If we put you alone in a room with a marshmallow on the table, would you be able to resist eating it?  Of course you would.  Most of us don’t even like marshmallows anymore.  But back in the early 1970s, psychologists tested a group of four-year-olds who considered marshmallows a very tempting treat. Each was left unattended in a room with a marshmallow on the table, but only after the experimenters told them they could have a second marshmallow if they waited just 20 minutes before eating the first one.  Follow-up testing years after the 1972 Stanford Marshmallow Test revealed that those children who waited went on to do better in school, have more successful careers, and reported greater levels of happiness in their lives than those who ate the first marshmallow right away.

The experiment, of course, was all about deferred gratification, temperance, self-regulation, the ability to put off instant pleasure with the understanding that doing so would bring about an even greater reward later.

The children of the early 70’s had become adult consumers and investors as the new millennium dawned. With the Stanford Marshmallow Test by then ancient history, a contemporary picture of American consumers’ decision-making would have shown an unexpectedly large number of people chomping down on the first marshmallow rather than waiting for the greater reward.  What brought about the change in behaviors? No doubt the Great Moderation—the title of a speech by not-yet-FRB-chairman Ben Bernanke on February 20, 2004 heralding roughly 20 years declining macroeconomic volatility—was a major contributor to the slow drift away from deferring gratification. After averting presumed disaster following the crash of 1987 by flooding the financial system liquidity, the emboldened Fed became progressively more willing to apply the monetary policy elixir at the slightest provocation. Pavlovian-like, whenever Fed chairman Alan Greenspan, who acquired the moniker “the Maestro,” waved his easy money baton the economy and the capital markets shook off what was ailing them and rose in orchestrated harmony. The U.S. Central Bank relaxed vigilance about risk and even encouraged complacency.

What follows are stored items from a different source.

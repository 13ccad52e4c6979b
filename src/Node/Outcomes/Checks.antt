-- ===== src/Node/Outcomes/Checks.antt =====
-- What the handlers check of a request, and what they do not.
use csi_runtime.Base.{◌≡◌, ◌≢◌, ◌↔◌, true, false, [], ◌∷◌, none, some, ok, err, arith}
use csi_runtime.Rpc.{Error, Errors, status, failed_precondition}
use csi_runtime.Csi.{NodePublishVolumeRequest, NodeStageVolumeRequest, VolumeCapability}
use csi_runtime.Node.Calls.{stat, format_and_mount_sensitive, MountResponse}
use csi_runtime.Node.Capability.{validate_volume_capability, validate_access_mode, get_mount}
use csi_runtime.Node.Server.{Server, is_empty}
use csi_runtime.Node.Publish.{check_publish, node_publish_volume}
use csi_runtime.Node.Stage.{Slices, mount_options, response_fs_type, mount_response}
use csi_runtime.Node.World.{Oracle, World, run, semantics}

-- A volume capability is accepted exactly when it has an access mode and an access type.
validate_iff :
    (vc : VolumeCapability)
    → (validate_volume_capability vc ≡ ok tt) ↔ ((vc.access_mode ≢ none) × (vc.access_type ≢ none))
unfolding validate_volume_capability validate_access_mode
validate_iff vc = ground arith

-- An empty target path is not refused as an invalid argument: it is handed to `os.Stat`, and a request
-- that is complete but for it fails on the answer, as a failed precondition.
empty_target_path :
    (o : Oracle) (errors : Errors) (ns : Server) (req : NodePublishVolumeRequest)
    (vc : VolumeCapability) (e : Error) (w : World)
    → is_empty req.volume_id ≡ false
    → is_empty req.staging_target_path ≡ false
    → req.target_path ≡ ""
    → req.volume_capability ≡ some vc
    → validate_volume_capability vc ≡ ok tt
    → ns.manager.validates ≡ false
    → o w.history (stat "") ≡ err e
    → run o (node_publish_volume errors ns req) w ≡ (
      err (
          status failed_precondition "Can't stat target path '%s': %v"
            ("" ∷ errors.message e ∷ [])),
      record w { history = (stat "", err e) ∷ w.history },
    )
unfolding semantics node_publish_volume check_publish
empty_target_path o errors ns req vc e w i s t c v n a = ground arith

module _ (o : Oracle) (errors : Errors) (slices : Slices) (ns : Server)
    (req : NodeStageVolumeRequest) where
  -- Where the manager asks to format, the file system type is the one that its response names, be it
  -- empty, and not the type that the capability asks for.
  format_ignores_capability :
      (vc : VolumeCapability) (m : MountResponse) (w : World)
      → m.format ≡ true
      → let options =
          mount_options slices vc
            (get_mount vc.access_type)
            (response_fs_type (get_mount vc.access_type) m) in
        let asked =
          format_and_mount_sensitive m.source req.staging_target_path m.fstype
            (slices.union options m.options)
            (slices.difference m.sensitive_options options) in
        (run o (mount_response errors slices ns req vc (some m)) w).1.history
        ≡ (asked, o w.history asked) ∷ w.history
  unfolding semantics mount_response
  format_ignores_capability vc m w f = ground arith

Though certainly not single-handedly, the Fed contributed to altering the conditions of the marshmallow test. With spendthrift behavior not only accepted but expected, the stock market bubbled to stratospheric valuations that made the late 1920s look cheap. Material abundance supplanted scarcity. The need to choose between a half loaf now and a whole loaf later became meaningless when one could simply take out a home equity loan and buy the entire bakery. Once homes were transformed into ATMs, the die had been cast: Voilà, instant gratification. The children in the marshmallow test faced a different choice: A heaping plate of marshmallows now or two heaping plates 20 minutes later. Not surprisingly, America stuffed itself.

Human beings (and most other living species for that matter) have lived under conditions of scarcity throughout virtually all of history and are therefore simply not hardwired for abundance, real or imagined.  Today’s neuroscientists say that when they are presented with the opportunity, primal neural instincts compel creatures to consume far more than they rationally know they should.  They overlook long-term consequences in favor of short-term rewards.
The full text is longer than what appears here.